# Opening .lnk attachments



## Karen Haskamp (Nov 1, 2006)

My computer: Mac OS X 
version: 10.4.8
processor: 2.16 GHz Intel Core Duo
Memory @ GB 667 MHz DDR2 SDRAM

I hope this is sufficient information...

I am utilizing Micrososft office for Mac; the 2004 standard edition. The email portion/client is Entourage. My son has sent me photographs of my grandsons in their Halloween costumes utilizing an attachment that ended in .lnk (with which I am entirely unfamiliar). It does appear as an attachment in my email, but when I request that it be opened, there is no response whatsoever...not even a dialog box/window to inform me as to the nature of the problem. Quite simply, NOTHING happens. I have advised him to utilize .jpg at the end of attachments, but apparently this is not an option for him.

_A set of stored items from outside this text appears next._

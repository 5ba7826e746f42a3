-- ===== src/Event/Armed.antt =====
-- src/native/native_promise.c and src/runtime/vm_event.c: what each operation on the timers keeps.
use cscript.Prelude.{
  ℕ, suc, ◌<◌, ◌≤◌, ◌≡◌, refl, ap, arith, tests, Bool, false, not, ◌&&◌, List, [], ◌∷◌, length, ltb,
  ◌==◌, Option, none, some, inl, inr, Bool-cases, ==_iff, ltb→lt, ◌⊎◌,
}
use mathlib.Core.Path.{subst}
use cscript.Value.{Value, undefined, null, boolean, number, object}
use cscript.Event.{Timer, Timers}
use cscript.Event.Quiet.{Every}
use cscript.Event.Timing.{
  timers_max, seat, insert, schedule, remove, clear_id, clear, take_first, rearm,
}
use cscript.Event.Sorted.{
  Before, IsSorted, Fresh, Holds, Every-map, Every-insert_at, length-insert_at, insert-Inserts,
  both_true,
}

-- A timer with the next number inserted below the bound.
insert-Holds :
    (new : Timer) (ts out : Timers)
    → Holds ts
    → length ts.entries < timers_max
    → new.sequence ≡ ts.next_sequence
    → out.entries ≡ insert new ts.entries
    → out.next_sequence ≡ suc ts.next_sequence
    → Holds out
insert-Holds new ts out h l s e n =
    let older : Every (Fresh new.sequence) ts.entries =
      Every-map (λ t f. omega (arith, s, f)) ts.entries h.fresh in
    record {
      sorted = rw e ((insert-Inserts new ts.entries h.sorted older).sorted);
      fresh =
          rw (e, n)
            (Every-insert_at (Fresh (suc ts.next_sequence))
              (seat new ts.entries (length ts.entries)) new ts.entries (omega (arith, s))
              (Every-map (λ t f. omega (arith, f)) ts.entries h.fresh));
      bound = omega (
        arith,
        l,
        ap length e,
        length-insert_at (seat new ts.entries (length ts.entries)) new ts.entries,
      );
    }

-- What scheduling does: an error without a function, or at the limit, and else a timer with a new handle.
abbrev pub Schedules : List Value → Timers → Option (Timers × ℕ) → Type 0
Schedules args ts none = (args ≡ []) ⊎ (length ts.entries ≡ timers_max)
Schedules args ts (some (out, id)) =
    Holds out × (id ≡ ts.next_id) × (length out.entries ≡ suc (length ts.entries))

pub schedule-Schedules :
    (add : ℕ → ℕ → ℕ) (now : ℕ) (repeating : Bool) (args : List Value) (ts : Timers)
    → Holds ts
    → Schedules args ts (schedule add now repeating args ts)
unfolding schedule
schedule-Schedules add now repeating [] ts h = inl refl
schedule-Schedules add now repeating (callback ∷ args) ts h =
    elim (Bool-cases (length ts.entries == timers_max)) [
      | inl e ↦ rw e (inr ((==_iff (length ts.entries) timers_max).0 e))
      | inr e ↦ rw e (
        insert-Holds _ ts _ h (below (length ts.entries) e h.bound) refl refl refl,
        refl,
        length-insert_at _ _ ts.entries,
      )
    ]
  where
    below : (n : ℕ) → (n == timers_max) ≡ false → n ≤ timers_max → n < timers_max
    below n e h = grind tests

Every-remove : (P : Timer → Type 0) (id : ℕ) (xs : List Timer) → Every P xs → Every P (remove id xs)
unfolding remove
Every-remove P id [] h = h
Every-remove P id (x ∷ xs) (p, h) = elim (Bool-cases (x.id == id)) [
  | inl e ↦ rw e h
  | inr e ↦ rw e (p, Every-remove P id xs h)
]

remove-IsSorted : (id : ℕ) (xs : List Timer) → IsSorted xs → IsSorted (remove id xs)
unfolding remove
remove-IsSorted id [] h = h
remove-IsSorted id (x ∷ xs) (p, h) = elim (Bool-cases (x.id == id)) [
  | inl e ↦ rw e h
  | inr e ↦ rw e (Every-remove (Before x) id xs p, remove-IsSorted id xs h)
]

length-remove : (id : ℕ) (xs : List Timer) → length (remove id xs) ≤ length xs
unfolding remove
length-remove id [] = omega arith
length-remove id (x ∷ xs) = elim (Bool-cases (x.id == id)) [
  | inl e ↦ rw e (omega arith)
  | inr e ↦ rw e (omega (arith, length-remove id xs))
]

clear_id-Holds : (o : Option ℕ) (ts : Timers) → Holds ts → Holds (clear_id o ts)
clear_id-Holds none ts h = h
clear_id-Holds (some id) ts h = record {
  sorted = remove-IsSorted id ts.entries h.sorted;
  fresh = Every-remove (Fresh ts.next_sequence) id ts.entries h.fresh;
  bound = omega (arith, h.bound, length-remove id ts.entries);
}

pub clear-Holds :
    (to_int : ℕ → Option ℕ) (args : List Value) (ts : Timers)
    → Holds ts
    → Holds (clear to_int args ts)
unfolding clear
clear-Holds to_int [] ts h = h
clear-Holds to_int (undefined ∷ args) ts h = h
clear-Holds to_int (null ∷ args) ts h = h
clear-Holds to_int (boolean b ∷ args) ts h = h
clear-Holds to_int (number bits ∷ args) ts h = clear_id-Holds (to_int bits) ts h
clear-Holds to_int (object a ∷ args) ts h = h

-- The first timer is taken, and it is to fire before every other.
pub take_first-Holds :
    (t : Timer) (rest : List Timer) (ts : Timers)
    → ts.entries ≡ t ∷ rest
    → Holds ts
    → Holds (take_first t rest ts) × Every (Before t) rest
take_first-Holds t rest ts e h =
    let (before, sorted) = subst IsSorted e h.sorted in
    let (f, fresh) = subst (Every (Fresh ts.next_sequence)) e h.fresh in
    (record { sorted = sorted; fresh = fresh; bound = omega (arith, h.bound, ap length e) }, before)

pub rearm-Holds :
    (add : ℕ → ℕ → ℕ) (now : ℕ) (t : Timer) (ts : Timers) → Holds ts → Holds (rearm add now t ts)
unfolding rearm
rearm-Holds add now t ts h =
    elim (Bool-cases
      (ltb 0 t.repeat && (not ts.firing_cancelled && ltb (length ts.entries) timers_max))) [
        | inl e ↦
            let (_, both) = both_true (ltb 0 t.repeat) _ e in
            let (_, room) = both_true (not ts.firing_cancelled) _ both in
            rw e (insert-Holds _ ts _ h (ltb→lt (length ts.entries) timers_max room) refl refl refl)
        | inr e ↦ rw e (record { sorted = h.sorted; fresh = h.fresh; bound = h.bound })
      ]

Any advice would be greatly appreciated...

Karen


----------



## hewee (Oct 26, 2001)

File Extension Details for .LNK

So looks like you just got the shortcut file that is linked to the picture. 
But that does you no good.
They would be a very small file size too.

Have you son make sure he sends a copy of the pictures and not a shortcut.


----------



## Karen Haskamp (Nov 1, 2006)

Thank You....


----------



## hewee (Oct 26, 2001)

Your welcome


----------